Provided data =

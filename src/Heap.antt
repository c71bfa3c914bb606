-- ===== src/Heap.antt =====
-- src/libc/malloc.c: the heap of a user process, and `sbrk` of src/libc/syscall.c under it. A node is
-- its block; the lists `m_free` and `m_busy` are sequences, and of `m_free_node` only the length
-- counts. The address 0 is NULL. `granted` is the kernel's answer to the message of `brk`.
pub mod Blocks
pub mod Grow
pub mod HandOut
pub mod Malloc
pub mod Free
mod Examples
use fat.Prelude.{
  ℕ, ◌+◌, ◌-◌, ◌*◌, ◌/◌, ◌%◌, ◌^◌, Bool, true, false, Option, none, some, List, [], ◌∷◌, ◌++◌, ◌==◌,
  ltb, leb, if◌then◌else◌,
}

pub record Node : Type 0 where
  pub ptr : ℕ
  pub size : ℕ

-- `_brk` is the end of the memory of the process.
pub record Heap : Type 0 where
  pub m_free : List Node
  pub m_busy : List Node
  pub m_free_node : ℕ
  pub _brk : ℕ

abbrev pub each_brk : ℕ
each_brk = 0x2000

abbrev pub node_inc_size : ℕ
node_inc_size = 1024

-- `sizeof(m_node)`: four words.
abbrev pub node_size : ℕ
node_size = 32

pub sbrk : (ℕ → Bool) → ℕ → Heap → ℕ × Heap
sbrk granted size h =
    let new_brk = (h._brk + size) % 2 ^ 64 in
    if h._brk == new_brk
    then (h._brk, h)
    else if granted new_brk
    then (h._brk, record h { _brk = new_brk })
    else (0, h)

-- `none` is NULL.
pub alloc_node : (ℕ → Bool) → Heap → Option Heap
unfolding sbrk
alloc_node granted h =
    if h.m_free_node == 0
    then (let r = sbrk granted (node_inc_size * node_size) h in
        if r.0 == 0 then none else some (record r.1 { m_free_node = node_inc_size - 1 }))
    else some (record h { m_free_node = h.m_free_node - 1 })

-- The loop of `merge_free` over the free blocks, and how many nodes it gave to `free_node`.
pub merge : Node → List Node → List Node × ℕ
merge node [] = (node ∷ [], 0)
merge node (entry ∷ l) =
    let below = merge (record { ptr = entry.ptr; size = node.size + entry.size }) l in
    let above = merge (record node { size = node.size + entry.size }) l in
    let later = merge node l in
    if entry.ptr + entry.size == node.ptr
    then (below.0, below.1 + 1)
    else if node.ptr + node.size == entry.ptr
    then (above.0, above.1 + 1)
    else if ltb node.ptr entry.ptr
    then (node ∷ entry ∷ l, 0)
    else (entry ∷ later.0, later.1)

pub merge_free : Node → Heap → Heap
unfolding merge
merge_free node h =
    let r = merge node h.m_free in record h { m_free = r.0; m_free_node = h.m_free_node + r.1 }

-- The first free block that is large enough, and the others.
pub first_fit : ℕ → List Node → Option (Node × List Node)
first_fit size [] = none
first_fit size (pos ∷ l) =
    let later = first_fit size l in
    if leb size pos.size
    then some (pos, l)
    else elim later [ none ↦ none | some (node, rest) ↦ some (node, pos ∷ rest) ]

-- What `malloc` does with the block it found: the end that is not needed is free again. Without a
-- node for that end it returns NULL.
pub hand_out : (ℕ → Bool) → ℕ → Node → Heap → ℕ × Heap
unfolding alloc_node merge_free
hand_out granted size node h =
    if ltb size node.size
    then elim (alloc_node granted h) [
      | none ↦ (0, h)
      | some h1 ↦
          let h2 = merge_free (record { ptr = node.ptr + size; size = node.size - size }) h1 in
          (node.ptr, record h2 { m_busy = h2.m_busy ++ record node { size = size } ∷ [] })
    ]
    else (node.ptr, record h { m_busy = h.m_busy ++ node ∷ [] })

-- `(size + 0x7) & ~0x7`
abbrev pub round_up : ℕ → ℕ
round_up size = (size + 7) % 2 ^ 64 / 8 * 8

abbrev pub brk_size : ℕ → ℕ
brk_size size = if ltb each_brk size then size else each_brk

-- `none` is the write through `node`, which is NULL if there is no node for a new block.
pub malloc : (ℕ → Bool) → ℕ → Heap → Option (ℕ × Heap)
unfolding first_fit hand_out sbrk alloc_node
malloc granted bytes h =
    let size = round_up bytes in
    elim (first_fit size h.m_free) [
      | some (node, rest) ↦ some (hand_out granted size node (record h { m_free = rest }))
      | none ↦ elim (alloc_node granted h) [
        | none ↦ none
        | some h1 ↦
            let r = sbrk granted (brk_size size) h1 in
            if r.0 == 0
            then some (0, r.1)
            else some (hand_out granted size (record { ptr = r.0; size = brk_size size }) r.1)
      ]
    ]

-- The first block in use that starts at `ptr`, and the others.
pub find_busy : ℕ → List Node → Option (Node × List Node)
find_busy ptr [] = none
find_busy ptr (pos ∷ l) =
    let later = find_busy ptr l in
    if pos.ptr == ptr
    then some (pos, l)
    else elim later [ none ↦ none | some (node, rest) ↦ some (node, pos ∷ rest) ]

pub free : ℕ → Heap → Heap
unfolding find_busy merge_free
free ptr h = if ptr == 0 then h else elim (find_busy ptr h.m_busy) [
  | none ↦ h
  | some (node, rest) ↦ merge_free node (record h { m_busy = rest })
]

Exercise aim =
Word for word, restate the lines of the data above that fall between the line holding "else if granted new_brk" and the line holding "if r.0 == 0 then", inclusive, and no other lines.

Solved problem =
    else if granted new_brk
    then (h._brk, record h { _brk = new_brk })
    else (0, h)

-- `none` is NULL.
pub alloc_node : (ℕ → Bool) → Heap → Option Heap
unfolding sbrk
alloc_node granted h =
    if h.m_free_node == 0
    then (let r = sbrk granted (node_inc_size * node_size) h in
        if r.0 == 0 then none else some (record r.1 { m_free_node = node_inc_size - 1 }))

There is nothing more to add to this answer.